- _Exercise description_
Go to the line that includes "(serve_from-Kept k (i" and retype it, then every line after it to the end of the data, adding nothing.

• • • • •

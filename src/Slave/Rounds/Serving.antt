-- ===== src/Slave/Rounds/Serving.antt =====
-- The second loops: what each call leaves, and what a whole `for` loop leaves.
use slg.Base.{
  ℕ, zero, suc, ◌+◌, ◌≤◌, ◌<◌, ◌≡◌, refl, ap, Option, none, some, arith, Bool-cases, inl, inr,
}
use slg.Base.Outcome.{ok, stop, Ensures, Ensures-bind, ◌>>=◌}
use slg.Client.{Client, Stats, State, waiting, reading, writing, connecting, M}
use slg.Client.Lifecycle.{Tolerated}
use slg.Client.Counts.{Unspecified}
use slg.Client.Request.{send_request}
use slg.Client.Receive.{read_response}
use slg.Client.Connect.{initialize_connect_client_to_server, finalize_connect_client_to_server}
use slg.Slave.Writer.{hand_over, build_if_new}
use slg.Slave.{System}
use slg.Slave.ReadSet.{Any, Ensures-Any}
use slg.Slave.Writer
use slg.Slave.Reader
use slg.Slave.Writer.{
  WriterAnswers, writer_serve, write_client, finish_connect, start_connect, after_send,
}
use slg.Slave.Reader.{ReaderAnswers, reader_serve, after_read, release}
use slg.Slave.Invariant.{Inv}
use slg.Slave.Invariant.Steps.{writer_serve-Inv, reader_serve-Inv}
use slg.Slave.Threads.{Kept, Kept-refl, Kept-trans, here, next, writer_serves, reader_serves}
use slg.Slave.Rounds.{serve_from}

-- Two things that hold of a result, with what it is the result of.
pub Ensures-with :
    {A : Type 0} (P Q : A → Type 0) (m : M A)
    → Ensures Tolerated P m
    → Ensures Unspecified Q m
    → Ensures Tolerated (λ a. P a × Q a × (m ≡ ok a)) m
Ensures-with P Q (ok a) p q = (p, q, refl)
Ensures-with P Q (stop f) p q = p

pub Ensures-map :
    {A : Type 0} (P Q : A → Type 0) (m : M A)
    → Ensures Tolerated P m
    → ((a : A) → P a → Q a)
    → Ensures Tolerated Q m
Ensures-map P Q (ok a) p f = f a p
Ensures-map P Q (stop e) p f = p

module _ (s : System) where
  abbrev pub Same : System → Type 0
  Same t = t.config ≡ s.config

  abbrev pub SameOrder : M System → Type 0
  SameOrder m = Ensures Unspecified Same m

  handed :
      {A : Type 0} (m : M A) (f : A → M System) → ((a : A) → SameOrder (f a)) → SameOrder (m >>= f)
  handed m f h = Ensures-bind Unspecified Any Same m f (Ensures-Any m) (λ a x. h a)

  after_send-Same :
      (i fd : ℕ) (st : State) (c : Client) (g : Stats) → SameOrder (after_send s i fd st c g)
  unfolding after_send
  after_send-Same i fd reading c g = handed (hand_over s.to_read_buffer i) _ (λ a. refl)
  after_send-Same i fd waiting c g = tt
  after_send-Same i fd writing c g = tt
  after_send-Same i fd connecting c g = tt

  write_client-Same :
      (i : ℕ) (a : WriterAnswers) (c : Client) (fd : Option ℕ) → SameOrder (write_client s i a c fd)
  unfolding write_client
  write_client-Same i a c none = tt
  write_client-Same i a c (some fd) = elim (Bool-cases (a.ready fd)) [
    | inl r ↦ rw r (
        handed (build_if_new s.config c) _ (λ b.
          handed (send_request a.pending_error a.now a.write_answer b s.stats) _
            (λ x. after_send-Same i fd (x.0.state) (x.0) (x.1))))
    | inr r ↦ rw r refl
  ]

  finish_connect-Same :
      (i : ℕ) (a : WriterAnswers) (c : Client) (fd : Option ℕ)
      → SameOrder (finish_connect s i a c fd)
  unfolding finish_connect
  finish_connect-Same i a c none = tt
  finish_connect-Same i a c (some fd) = elim (Bool-cases (a.ready fd)) [
    | inl r ↦ rw r (
        handed (finalize_connect_client_to_server a.pending_error a.now a.local_port c s.stats) _
          (λ b. refl))
    | inr r ↦ rw r refl
  ]

  start_connect-Same : (i : ℕ) (a : WriterAnswers) (c : Client) → SameOrder (start_connect s i a c)
  unfolding start_connect
  start_connect-Same i a c =
      handed (initialize_connect_client_to_server a.socket_answers a.connect_answer c s.connect_fds)
        _ (λ b. refl)

  write_serve-Same :
      (i : ℕ) (a : WriterAnswers) (c : Client) (st : State) → SameOrder (Writer.serve s i a c st)
  unfolding Writer.serve
  write_serve-Same i a c writing = write_client-Same i a c c.fd
  write_serve-Same i a c reading = refl
  write_serve-Same i a c waiting = refl
  write_serve-Same i a c connecting = elim (Bool-cases c.connect_in_progress) [
    | inl r ↦ unfold Writer.serve in ground (arith, finish_connect-Same i a c c.fd)
    | inr r ↦ unfold Writer.serve in ground (arith, start_connect-Same i a c)
  ]

  pub writer_serve-Same : (i : ℕ) (a : WriterAnswers) → SameOrder (writer_serve s i a)
  writer_serve-Same i a = elim (Bool-cases (s.internal_to_write i)) [
    | inl r ↦
        unfold writer_serve in rw r (write_serve-Same i a (s.all_clients i) (s.all_clients i).state)
    | inr r ↦ unfold writer_serve in rw r refl
  ]

  after_read-Same :
      (i fd : ℕ) (st : State) (c : Client) (g : Stats) → SameOrder (after_read s i fd st c g)
  unfolding after_read release
  after_read-Same i fd reading c g = refl
  after_read-Same i fd waiting c g = refl
  after_read-Same i fd writing c g = handed (hand_over s.to_write_buffer i) _ (λ a. refl)
  after_read-Same i fd connecting c g = handed (hand_over s.to_write_buffer i) _ (λ a. refl)

  read_serve-Same :
      (i : ℕ) (a : ReaderAnswers) (c : Client) (fd : Option ℕ) → SameOrder (Reader.serve s i a c fd)
  unfolding Reader.serve
  read_serve-Same i a c none = tt
  read_serve-Same i a c (some fd) = elim (Bool-cases (a.ready fd)) [
    | inl r ↦ rw r (
        handed (read_response a.read_answer s.config.nb_msg_per_connection a.at_end c s.stats) _
          (λ x. after_read-Same i fd (x.0.state) (x.0) (x.1)))
    | inr r ↦ rw r refl
  ]

  pub reader_serve-Same : (i : ℕ) (a : ReaderAnswers) → SameOrder (reader_serve s i a)
  reader_serve-Same i a = elim (Bool-cases (s.internal_to_read i)) [
    | inl r ↦
        unfold reader_serve in rw r (read_serve-Same i a (s.all_clients i) (s.all_clients i).fd)
    | inr r ↦ unfold reader_serve in rw r refl
  ]

-- A call for one client keeps what every state keeps, if it returns.
abbrev pub KeepsServing {ℓ} : {A : Type ℓ} → (System → ℕ → A → M System) → Type ℓ
KeepsServing {A = A} serve =
    (s : System) (i : ℕ) (a : A)
    → i < s.config.nb_clients
    → Inv s
    → Ensures Tolerated (Kept s) (serve s i a)

pub writer_serve-Kept : KeepsServing writer_serve
writer_serve-Kept s i a lt inv =
    Ensures-map (λ t. Inv t × Same s t × (writer_serve s i a ≡ ok t)) (Kept s) (writer_serve s i a)
      (Ensures-with Inv (Same s) (writer_serve s i a)
        (writer_serve-Inv s i a inv.ws inv.rs lt inv.owned) (writer_serve-Same s i a))
      (λ t h. record { inv = h.0; config = h.1; reached = next here (writer_serves i a lt h.2) })

pub reader_serve-Kept : KeepsServing reader_serve
reader_serve-Kept s i a lt inv =
    Ensures-map (λ t. Inv t × Same s t × (reader_serve s i a ≡ ok t)) (Kept s) (reader_serve s i a)
      (Ensures-with Inv (Same s) (reader_serve s i a)
        (reader_serve-Inv s i a inv.ws inv.rs lt inv.owned) (reader_serve-Same s i a))
      (λ t h. record { inv = h.0; config = h.1; reached = next here (reader_serves i a lt h.2) })

module _ {ℓ} {A : Type ℓ} (serve : System → ℕ → A → M System) (keeps : KeepsServing serve)
    (answers : ℕ → A) where
  pub serve_from-Kept :
      (k i : ℕ) (s : System)
      → i + k ≤ s.config.nb_clients
      → Inv s
      → Ensures Tolerated (Kept s) (serve_from serve answers i k s)
  unfolding serve_from
  serve_from-Kept zero i s le inv = Kept-refl inv
  serve_from-Kept (suc k) i s le inv =
      Ensures-bind Tolerated (Kept s) (Kept s) (serve s i (answers i)) _
        (keeps s i (answers i) (omega arith) inv)
        (λ t kept.
          Ensures-map (Kept t) (Kept s) _
            (serve_from-Kept k (i + 1) t (omega (arith, ap (λ c. c.nb_clients) kept.config))
              kept.inv)
            (λ u. Kept-trans kept))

• • • • •

- _Your response_
            (serve_from-Kept k (i + 1) t (omega (arith, ap (λ c. c.nb_clients) kept.config))
              kept.inv)
            (λ u. Kept-trans kept))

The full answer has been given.